Each line in the entries below that holds the string "same" must be copied.

[Excerpts from a dataset]
-*-*-

-- ===== src/Memory/Pmm/Owned.antt =====
-- Which pages belong to the allocator (`src/memory/pmm.c`) and which to its callers.
use reddyos_osdev.Base.{
  ℕ, zero, suc, ◌+◌, ◌*◌, ◌/◌, ◌%◌, ◌^◌, ◌≤◌, ◌<◌, ◌≡◌, ◌≢◌, ◌⊎◌, inl, inr, refl, ap, sym, subst,
  List, [], ◌∷◌, take, drop, arith, length, length-take, length-drop, All, All-take, All-drop,
}
use reddyos_osdev.Base.Outcome.{done, panic}
use reddyos_osdev.Memory.Page.{page_size}
use reddyos_osdev.Memory.Store.{
  write, clear_page, phys_to_virt, virt_to_phys, virt_to_phys-phys_to_virt,
}
use reddyos_osdev.Memory.Pmm.{Entry, Pmm, alloc_page}
use reddyos_osdev.Memory.Pmm.FreeList.{
  Absent, Aligned, Fresh, onto, write-FreeList, clear_page-FreeList,
}
use reddyos_osdev.Memory.Pmm.Regions.{pages_left, AllFit}
use reddyos_osdev.Memory.Pmm.Alloc.{
  IsValid, alloc_page_listed, alloc_page_refill, alloc_page_exhausted, fill-IsValid,
}

Absent-take : (n a : ℕ) (xs : List ℕ) → Absent a xs → Absent a (take n xs)
Absent-take zero a xs h = tt
Absent-take (suc n) a [] h = tt
Absent-take (suc n) a (x ∷ xs) h = (h.0, Absent-take n a xs h.1)

Absent-drop : (n a : ℕ) (xs : List ℕ) → Absent a xs → Absent a (drop n xs)
Absent-drop zero a xs h = h
Absent-drop (suc n) a [] h = h
Absent-drop (suc n) a (x ∷ xs) h = Absent-drop n a xs h.1

Absent-page : (a : ℕ) (xs : List ℕ) → Aligned xs → Absent (a / 4096 * 4096) xs → Absent a xs
Absent-page a [] al h = tt
Absent-page a (x ∷ xs) al h = (λ e. h.0 (omega (arith, al.0, e)), Absent-page a xs al.1 h.1)

module _ (hhdm : ℕ) where
  -- The page `a` of the kernel's view is none of the physical pages `ps`.
  abbrev pub Apart : ℕ → List ℕ → Type 0
  Apart a ps = All (λ p. phys_to_virt hhdm p ≢ a) ps

  Absent-onto : (a : ℕ) (ps xs : List ℕ) → Apart a ps → Absent a xs → Absent a (onto hhdm ps xs)
  Absent-onto a [] xs p q = q
  Absent-onto a (x ∷ ps) xs p q = Absent-onto a ps (phys_to_virt hhdm x ∷ xs) p.1 (p.0, q)

  length-onto : (ps xs : List ℕ) → length (onto hhdm ps xs) ≡ length ps + length xs
  length-onto [] xs = omega arith
  length-onto (p ∷ ps) xs = omega (arith, length-onto ps (phys_to_virt hhdm p ∷ xs))

  pub onto-nil : (n : ℕ) (ps : List ℕ) → onto hhdm (take (suc n) ps) [] ≡ [] → ps ≡ []
  onto-nil n [] e = refl
  onto-nil n (p ∷ ps) e =
      absurd (omega (arith, ap length e, length-onto (take n ps) (phys_to_virt hhdm p ∷ [])))

  Fresh-Apart : (ps : List ℕ) (y : ℕ) (xs : List ℕ) → Fresh hhdm ps (y ∷ xs) → Apart y ps
  Fresh-Apart ps y xs f = go ps (y ∷ xs) (λ a h. h.0) f
    where
      go :
          (ps xs : List ℕ)
          → ((a : ℕ) → Absent a xs → y ≢ a)
          → Fresh hhdm ps xs
          → All (λ p. phys_to_virt hhdm p ≢ y) ps
      go [] xs h f = tt
      go (p ∷ ps) xs h f =
          (λ e. h _ f.2 (sym e), go ps (phys_to_virt hhdm p ∷ xs) (λ a q. h a q.1) f.3)

  -- A node of the physical map whose page a table entry can name.
  abbrev pub Small : ℕ → Type 0
  Small x = (x < 2 ^ 64) × (virt_to_phys hhdm x < 2 ^ 52)

  Small-onto :
      (ps xs : List ℕ)
      → hhdm < 2 ^ 64
      → All (λ p. p < 2 ^ 52) ps
      → All Small xs
      → All Small (onto hhdm ps xs)
  Small-onto [] xs h p q = q
  Small-onto (x ∷ ps) xs h p q =
      let back = virt_to_phys-phys_to_virt hhdm x h (omega (arith, p.0)) in
      let below : phys_to_virt hhdm x < 2 ^ 64 = unfold phys_to_virt in omega arith in
      Small-onto ps (phys_to_virt hhdm x ∷ xs) h p.1 ((below, omega (arith, back, p.0)), q)

  module _ (entries : List Entry) where
    -- A valid allocator of which every page lies below 2 ^ 52.
    pub record IsPool (s : Pmm) (xs : List ℕ) : Type 0 where
      pub valid : IsValid hhdm entries s xs
      pub small : All Small xs
      pub small_left : All (λ p. p < 2 ^ 52) (pages_left entries s)

    -- The page at `a` does not belong to the allocator.
    abbrev pub Outside : Pmm → List ℕ → ℕ → Type 0
    Outside s xs a = Absent a xs × Apart a (pages_left entries s)

    -- How many pages the allocator can still give out.
    abbrev pub supply : Pmm → List ℕ → ℕ
    supply s xs = length xs + length (pages_left entries s)

    -- The page at `y` was given out by a call that led from `s` to `s'`.
    pub record Granted (s : Pmm) (xs : List ℕ) (y : ℕ) (s' : Pmm) (xs' : List ℕ) : Type 0 where
      pub pool : IsPool s' xs'
      pub count : supply s xs ≡ supply s' xs' + 1
      pub small : Small y
      pub aligned : y % 4096 ≡ 0
      pub cleared : (a : ℕ) → y ≤ a → a < y + page_size → s'.word a ≡ 0
      pub own : Outside s' xs' y
      pub apart : (a : ℕ) → Outside s xs a → y ≢ a
      pub outside : (a : ℕ) → Outside s xs a → Outside s' xs' a
      pub frame : (a : ℕ) → Outside s xs (a / 4096 * 4096) → s'.word a ≡ s.word a

    -- A caller that writes to a page of its own does the allocator no harm.
    pub write-IsPool :
        (s : Pmm) (xs : List ℕ) (a v : ℕ)
        → IsPool s xs
        → Outside s xs (a / 4096 * 4096)
        → IsPool (record s { word = write s.word a v }) xs
    write-IsPool s xs a v p o = record {
      valid = record {
        holds = record {
          linked =
              write-FreeList s.word a v s.head xs (Absent-page a xs p.valid.holds.aligned o.0)
                p.valid.holds.linked;
          aligned = p.valid.holds.aligned;
          distinct = p.valid.holds.distinct;
        };
        fresh = p.valid.fresh;
        cursor = p.valid.cursor;
      };
      small = p.small;
      small_left = p.small_left;
    }

    pub clear_page-IsPool :
        (s : Pmm) (xs : List ℕ) (a : ℕ)
        → a % 4096 ≡ 0
        → IsPool s xs
        → Outside s xs a
        → IsPool (record s { word = clear_page s.word a }) xs
    clear_page-IsPool s xs a e p o = record {
      valid = record {
        holds = record {
          linked =
              clear_page-FreeList s.word a s.head xs e o.0 p.valid.holds.aligned
                p.valid.holds.linked;
          aligned = p.valid.holds.aligned;
          distinct = p.valid.holds.distinct;
        };
        fresh = p.valid.fresh;
        cursor = p.valid.cursor;
      };
      small = p.small;
      small_left = p.small_left;
    }

    listed :
        (s : Pmm) (y : ℕ) (zs : List ℕ)
        → IsPool s (y ∷ zs)
        → (s' : Pmm) × (alloc_page hhdm entries s ≡ done (virt_to_phys hhdm y, s'))
          × Granted s (y ∷ zs) y s' zs
    listed s y zs v =
        let (s', run, t) = alloc_page_listed hhdm entries s y zs v.valid in
        let ps = pages_left entries s in
        (
          s',
          run,
          record {
            pool = record {
              valid = t.valid;
              small = v.small.1;
              small_left = subst (All (λ p. p < 2 ^ 52)) (sym t.left) v.small_left;
            };
            count = omega (arith, ap length t.left);
            small = v.small.0;
            aligned = v.valid.holds.aligned.0;
            cleared = t.cleared;
            own = (
              v.valid.holds.distinct.0,
              subst (Apart y) (sym t.left) (Fresh-Apart ps y zs v.valid.fresh),
            );
            apart = λ a o. o.0.0;
            outside = λ a o. (o.0.1, subst (Apart a) (sym t.left) o.1);
            frame = λ a o. t.frame a (λ e. o.0.0 (sym e));
          },
        )

    refilled :
        (s : Pmm) (y : ℕ) (zs : List ℕ)
        → AllFit entries
        → hhdm < 2 ^ 64
        → IsPool s []
        → onto hhdm (take 512 (pages_left entries s)) [] ≡ y ∷ zs
        → (s' : Pmm) × (alloc_page hhdm entries s ≡ done (virt_to_phys hhdm y, s'))
          × Granted s [] y s' zs
    refilled s y zs f h v e =
        let (s', run, valid, left, clean, same) =
          alloc_page_refill hhdm entries s y zs f v.valid e in
        let (s1, _, v1, left1, _) = fill-IsValid hhdm entries 512 s [] f v.valid in
        let w = subst (IsValid hhdm entries s1) e v1 in
        let ps = pages_left entries s in
        let rest = subst (λ q. Fresh hhdm q (y ∷ zs)) left1 w.fresh in
        let kept =
          subst (All Small) e
            (Small-onto (take 512 ps) [] h (All-take (λ p. p < 2 ^ 52) 512 ps v.small_left) tt) in
        let off : (a : ℕ) → Outside s [] a → Absent a (y ∷ zs) =
          λ a o. subst (Absent a) e (Absent-onto a (take 512 ps) [] (All-take _ 512 ps o.1) tt) in
        (
          s',
          run,
          record {
            pool = record {
              valid = valid;
              small = kept.1;
              small_left =
                  subst (All (λ p. p < 2 ^ 52)) (sym left)
                    (All-drop (λ p. p < 2 ^ 52) 512 ps v.small_left);
            };
            count = omega (
              arith,
              ap length e,
              length-onto (take 512 ps) [],
              length-take 512 ps,
              length-drop 512 ps,
              ap length left,
            );
            small = kept.0;
            aligned = w.holds.aligned.0;
            cleared = clean;
            own = (
              w.holds.distinct.0,
              subst (Apart y) (sym left) (Fresh-Apart (drop 512 ps) y zs rest),
            );
            apart = λ a o. (off a o).0;
            outside = λ a o. ((off a o).1, subst (Apart a) (sym left) (All-drop _ 512 ps o.1));
            frame = λ a o. same a (off (a / 4096 * 4096) o);
          },
        )

    -- On a valid allocator `pmm_alloc_page` panics if it has no page left, and otherwise gives a page
    -- that was the allocator's and is the caller's from then on, which leaves it one page fewer: aligned, cleared, and different from every page that callers hold,
    -- none of which changes or comes back to the allocator.
    pub alloc_page_owned :
        (s : Pmm) (xs : List ℕ)
        → AllFit entries
        → hhdm < 2 ^ 64
        → IsPool s xs
        → ((supply s xs ≡ 0) × (alloc_page hhdm entries s ≡ panic))
          ⊎ ((y : ℕ) × (s' : Pmm) × (xs' : List ℕ) × (alloc_page hhdm entries s
                ≡ done (virt_to_phys hhdm y, s'))
              × Granted s xs y s' xs')
    alloc_page_owned s (y ∷ zs) f h v =
        let (s', run, g) = listed s y zs v in inr (y, s', zs, run, g)
    alloc_page_owned s [] f h v = split _ refl
      where
        split :
            (ys : List ℕ)
            → onto hhdm (take 512 (pages_left entries s)) [] ≡ ys
            → ((supply s [] ≡ 0) × (alloc_page hhdm entries s ≡ panic))
              ⊎ ((y : ℕ) × (s' : Pmm) × (xs' : List ℕ) × (alloc_page hhdm entries s
                    ≡ done (virt_to_phys hhdm y, s'))
                  × Granted s [] y s' xs')
        split [] e =
            let none_left = onto-nil 511 (pages_left entries s) e in
            inl (
              omega (arith, ap length none_left),
              alloc_page_exhausted hhdm entries s f v.valid none_left,
            )
        split (y ∷ zs) e = let (s', run, g) = refilled s y zs f h v e in inr (y, s', zs, run, g)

-*-*-

* [Output of the task]:
        let (s', run, valid, left, clean, same) =
            frame = λ a o. same a (off (a / 4096 * 4096) o);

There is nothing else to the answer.